### PROBLEM DETAILS:
Return every record in full. Match each one exactly.
---*---
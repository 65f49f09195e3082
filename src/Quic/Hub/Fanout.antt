-- ===== src/Quic/Hub/Fanout.antt =====
-- server/quic/server.py, `OnlineSessionHub`: whom the events reach.
use mathlib.Core.Path.{subst}
use mini_im.Prelude.{
  ℕ, ◌≡◌, refl, sym, ap, ◌∙◌, inl, inr, Bool, true, false, ◌&&◌, not, Option, some, List, [], ◌∷◌,
  ◌++◌, arith, if◌then◌else◌, ◌==◌, Bool-cases, filter,
}
use mini_im.Storage.SyncEvent.{StoredSyncEvent}
use mini_im.Quic.Upload.Consistent.{same_number}
use mini_im.Quic.Hub.{OnlineSessionHub, member, bucket_of, is_excluded, send_to, fanout_sync_events}
use mini_im.Quic.Hub.Online.{Call, is_online, run, run-Agrees}
use mini_im.Quic.Hub.Buckets.{Distinct}

-- The events that a connection was sent, in order.
unfoldable pub received : ℕ → List (ℕ × StoredSyncEvent) → List StoredSyncEvent
received p [] = []
received p ((q, event) ∷ sends) =
    let rest = received p sends in if p == q then event ∷ rest else rest

received-append :
    (p : ℕ) (a b : List (ℕ × StoredSyncEvent)) → received p (a ++ b) ≡ received p a ++ received p b
unfolding received
received-append p [] b = refl
received-append p ((q, event) ∷ a) b = elim (Bool-cases (p == q)) [
  | inl e ↦ rw e (ap (◌∷◌ event) (received-append p a b))
  | inr n ↦ rw n (received-append p a b)
]

received-none :
    (p : ℕ) (event : StoredSyncEvent) (exclude : Option ℕ) (bucket : List ℕ)
    → member p bucket ≡ false
    → received p (send_to event exclude bucket) ≡ []
unfolding received send_to member
received-none p event exclude [] h = refl
received-none p event exclude (q ∷ bucket) h = ground (arith, received-none p event exclude bucket)

received-send_to :
    (p : ℕ) (event : StoredSyncEvent) (exclude : Option ℕ) (bucket : List ℕ)
    → Distinct bucket
    → received p (send_to event exclude bucket)
      ≡ (if member p bucket && not (is_excluded exclude p) then event ∷ [] else [])
unfolding received send_to member
received-send_to p event exclude [] h = refl
received-send_to p event exclude (q ∷ bucket) h = elim (Bool-cases (p == q)) [
  | inl same_ ↦
      let pq : p ≡ q = same_number p q same_ in
      let absent : member p bucket ≡ false =
        subst (λ (x : ℕ). member x bucket ≡ false) (sym pq) h.0 in
      let excluded_same : is_excluded exclude q ≡ is_excluded exclude p =
        ap (is_excluded exclude) (sym pq) in
      rw (excluded_same, same_)
        (elim (Bool-cases (is_excluded exclude p)) [
          | inl x ↦ rw x (received-none p event exclude bucket absent)
          | inr k ↦ rw (k, same_) (ap (◌∷◌ event) (received-none p event exclude bucket absent))
        ])
  | inr other ↦ rw other (elim (Bool-cases (is_excluded exclude q)) [
    | inl x ↦ rw x (received-send_to p event exclude bucket h.1)
    | inr k ↦ rw (k, other) (received-send_to p event exclude bucket h.1)
  ])
]

one_more :
    (b : Bool) (event : StoredSyncEvent) (rest : List StoredSyncEvent)
    → ((if b then event ∷ [] else []) ++ rest) ≡ (if b then event ∷ rest else rest)
one_more true event rest = refl
one_more false event rest = refl

-- After any calls of `register` and `unregister` that raise no error, the events that
-- `fanout_sync_events` sends to a connection, in the order in which it sends them, are exactly the
-- events it is given, in their order, whose user the connection is online for, each once; and none
-- if the connection is the excluded one.
pub fanout_sync_events-received :
    (calls : List Call) (idle : ℕ) (hub : OnlineSessionHub) (events : List StoredSyncEvent)
    (exclude : Option ℕ) (p : ℕ)
    → run calls idle ≡ some hub
    → received p (fanout_sync_events events exclude hub)
      ≡ filter (λ event. is_online calls event.user_id p && not (is_excluded exclude p)) events
unfolding fanout_sync_events filter received
fanout_sync_events-received calls idle hub [] exclude p e = refl
fanout_sync_events-received calls idle hub (event ∷ events) exclude p e =
    let agrees = run-Agrees calls idle hub e event.user_id in
    let bucket = bucket_of event.user_id hub.protocols in
    received-append p (send_to event exclude bucket) (fanout_sync_events events exclude hub)
    ∙ ap
        (λ (sent : List StoredSyncEvent).
          sent ++ received p (fanout_sync_events events exclude hub))
        (received-send_to p event exclude bucket agrees.0
          ∙ ap (λ (b : Bool). if b && not (is_excluded exclude p) then event ∷ [] else [])
              (agrees.1 p))
    ∙ ap
        (λ (rest : List StoredSyncEvent).
          (if is_online calls event.user_id p && not (is_excluded exclude p)
            then event ∷ []
            else [])
          ++ rest)
        (fanout_sync_events-received calls idle hub events exclude p e)
    ∙ one_more (is_online calls event.user_id p && not (is_excluded exclude p)) event _
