-- ===== src/Examples/Hub.antt =====
-- Two connections of a user, one of which leaves, and the events that the other one is sent.
use mini_im.Prelude.{◌≡◌, refl, ◌&&◌, not, none, some, [], ◌∷◌, filter, String_discrete}
use mini_im.Protocol.{Body}
use mini_im.Storage.SyncEvent.{StoredSyncEvent}
use mini_im.Quic.Dict.{get, put, pop, values}
use mini_im.Quic.Upload.{new_registry, release_owner, release_owned}
use mini_im.Quic.Hub.{
  OnlineSessionHub, new_hub, register, unregister, member, add, discard, bucket_of, settle_bucket,
  is_excluded, fanout_sync_events,
}
use mini_im.Quic.Hub.Online.{registered, unregistered, run, is_online}
use mini_im.Quic.Hub.Fanout.{received, fanout_sync_events-received}

abbrev news : StoredSyncEvent
news = record {
  user_id = "ann";
  global_seq = 1;
  event_id = "x";
  event_type = "receipt";
  payload =
      Body.read_count_updated
        (record { event_id = "x"; conversation_id = "g"; message_id = "m"; unread_count = 0 });
}

abbrev hub : OnlineSessionHub
hub = register "ann" 2 (new_hub 60000)

left : run (unregistered "ann" 1 ∷ registered "ann" 1 ∷ registered "ann" 2 ∷ []) 60000 ≡ some hub
unfolding run new_hub new_registry register unregister release_owner release_owned values get put
    pop member add discard bucket_of settle_bucket String_discrete
left = refl

fanout_sync_events-received_example :
    received 2 (fanout_sync_events (news ∷ []) none hub)
    ≡ filter
        (λ event.
          is_online
            (unregistered "ann" 1 ∷ registered "ann" 1 ∷ registered "ann" 2 ∷ [])
            event.user_id
            2
          && not (is_excluded none 2))
        (news ∷ [])
fanout_sync_events-received_example =
    fanout_sync_events-received
      (unregistered "ann" 1 ∷ registered "ann" 1 ∷ registered "ann" 2 ∷ []) 60000 hub (news ∷ [])
      none 2 left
---*---
### WRITTEN SOLUTION:
repository 65f49f09195e3082
filename src/Quic/Hub/Fanout.antt
-- ===== src/Quic/Hub/Fanout.antt =====
-- server/quic/server.py, `OnlineSessionHub`: whom the events reach.
use mathlib.Core.Path.{subst}
use mini_im.Prelude.{
  ℕ, ◌≡◌, refl, sym, ap, ◌∙◌, inl, inr, Bool, true, false, ◌&&◌, not, Option, some, List, [], ◌∷◌,
  ◌++◌, arith, if◌then◌else◌, ◌==◌, Bool-cases, filter,
}
use mini_im.Storage.SyncEvent.{StoredSyncEvent}
use mini_im.Quic.Upload.Consistent.{same_number}
use mini_im.Quic.Hub.{OnlineSessionHub, member, bucket_of, is_excluded, send_to, fanout_sync_events}
use mini_im.Quic.Hub.Online.{Call, is_online, run, run-Agrees}
use mini_im.Quic.Hub.Buckets.{Distinct}

-- The events that a connection was sent, in order.
unfoldable pub received : ℕ → List (ℕ × StoredSyncEvent) → List StoredSyncEvent
received p [] = []
received p ((q, event) ∷ sends) =
    let rest = received p sends in if p == q then event ∷ rest else rest

received-append :
    (p : ℕ) (a b : List (ℕ × StoredSyncEvent)) → received p (a ++ b) ≡ received p a ++ received p b
unfolding received
received-append p [] b = refl
received-append p ((q, event) ∷ a) b = elim (Bool-cases (p == q)) [
  | inl e ↦ rw e (ap (◌∷◌ event) (received-append p a b))
  | inr n ↦ rw n (received-append p a b)
]

received-none :
    (p : ℕ) (event : StoredSyncEvent) (exclude : Option ℕ) (bucket : List ℕ)
    → member p bucket ≡ false
    → received p (send_to event exclude bucket) ≡ []
unfolding received send_to member
received-none p event exclude [] h = refl
received-none p event exclude (q ∷ bucket) h = ground (arith, received-none p event exclude bucket)

received-send_to :
    (p : ℕ) (event : StoredSyncEvent) (exclude : Option ℕ) (bucket : List ℕ)
    → Distinct bucket
    → received p (send_to event exclude bucket)
      ≡ (if member p bucket && not (is_excluded exclude p) then event ∷ [] else [])
unfolding received send_to member
received-send_to p event exclude [] h = refl
received-send_to p event exclude (q ∷ bucket) h = elim (Bool-cases (p == q)) [
  | inl same_ ↦
      let pq : p ≡ q = same_number p q same_ in
      let absent : member p bucket ≡ false =
        subst (λ (x : ℕ). member x bucket ≡ false) (sym pq) h.0 in
      let excluded_same : is_excluded exclude q ≡ is_excluded exclude p =
        ap (is_excluded exclude) (sym pq) in
      rw (excluded_same, same_)
        (elim (Bool-cases (is_excluded exclude p)) [
          | inl x ↦ rw x (received-none p event exclude bucket absent)
          | inr k ↦ rw (k, same_) (ap (◌∷◌ event) (received-none p event exclude bucket absent))
        ])
  | inr other ↦ rw other (elim (Bool-cases (is_excluded exclude q)) [
    | inl x ↦ rw x (received-send_to p event exclude bucket h.1)
    | inr k ↦ rw (k, other) (received-send_to p event exclude bucket h.1)
  ])
]

one_more :
    (b : Bool) (event : StoredSyncEvent) (rest : List StoredSyncEvent)
    → ((if b then event ∷ [] else []) ++ rest) ≡ (if b then event ∷ rest else rest)
one_more true event rest = refl
one_more false event rest = refl

-- After any calls of `register` and `unregister` that raise no error, the events that
-- `fanout_sync_events` sends to a connection, in the order in which it sends them, are exactly the
-- events it is given, in their order, whose user the connection is online for, each once; and none
-- if the connection is the excluded one.
pub fanout_sync_events-received :
    (calls : List Call) (idle : ℕ) (hub : OnlineSessionHub) (events : List StoredSyncEvent)
    (exclude : Option ℕ) (p : ℕ)
    → run calls idle ≡ some hub
    → received p (fanout_sync_events events exclude hub)
      ≡ filter (λ event. is_online calls event.user_id p && not (is_excluded exclude p)) events
unfolding fanout_sync_events filter received
fanout_sync_events-received calls idle hub [] exclude p e = refl
fanout_sync_events-received calls idle hub (event ∷ events) exclude p e =
    let agrees = run-Agrees calls idle hub e event.user_id in
    let bucket = bucket_of event.user_id hub.protocols in
    received-append p (send_to event exclude bucket) (fanout_sync_events events exclude hub)
    ∙ ap
        (λ (sent : List StoredSyncEvent).
          sent ++ received p (fanout_sync_events events exclude hub))
        (received-send_to p event exclude bucket agrees.0
          ∙ ap (λ (b : Bool). if b && not (is_excluded exclude p) then event ∷ [] else [])
              (agrees.1 p))
    ∙ ap
        (λ (rest : List StoredSyncEvent).
          (if is_online calls event.user_id p && not (is_excluded exclude p)
            then event ∷ []
            else [])
          ++ rest)
        (fanout_sync_events-received calls idle hub events exclude p e)
    ∙ one_more (is_online calls event.user_id p && not (is_excluded exclude p)) event _
-- ===== src/Examples/Hub.antt =====
-- Two connections of a user, one of which leaves, and the events that the other one is sent.
use mini_im.Prelude.{◌≡◌, refl, ◌&&◌, not, none, some, [], ◌∷◌, filter, String_discrete}
use mini_im.Protocol.{Body}
use mini_im.Storage.SyncEvent.{StoredSyncEvent}
use mini_im.Quic.Dict.{get, put, pop, values}
use mini_im.Quic.Upload.{new_registry, release_owner, release_owned}
use mini_im.Quic.Hub.{
  OnlineSessionHub, new_hub, register, unregister, member, add, discard, bucket_of, settle_bucket,
  is_excluded, fanout_sync_events,
}
use mini_im.Quic.Hub.Online.{registered, unregistered, run, is_online}
use mini_im.Quic.Hub.Fanout.{received, fanout_sync_events-received}

abbrev news : StoredSyncEvent
news = record {
  user_id = "ann";
  global_seq = 1;
  event_id = "x";
  event_type = "receipt";
  payload =
      Body.read_count_updated
        (record { event_id = "x"; conversation_id = "g"; message_id = "m"; unread_count = 0 });
}

abbrev hub : OnlineSessionHub
hub = register "ann" 2 (new_hub 60000)

left : run (unregistered "ann" 1 ∷ registered "ann" 1 ∷ registered "ann" 2 ∷ []) 60000 ≡ some hub
unfolding run new_hub new_registry register unregister release_owner release_owned values get put
    pop member add discard bucket_of settle_bucket String_discrete
left = refl

fanout_sync_events-received_example :
    received 2 (fanout_sync_events (news ∷ []) none hub)
    ≡ filter
        (λ event.
          is_online
            (unregistered "ann" 1 ∷ registered "ann" 1 ∷ registered "ann" 2 ∷ [])
            event.user_id
            2
          && not (is_excluded none 2))
        (news ∷ [])
fanout_sync_events-received_example =
    fanout_sync_events-received
      (unregistered "ann" 1 ∷ registered "ann" 1 ∷ registered "ann" 2 ∷ []) 60000 hub (news ∷ [])
      none 2 left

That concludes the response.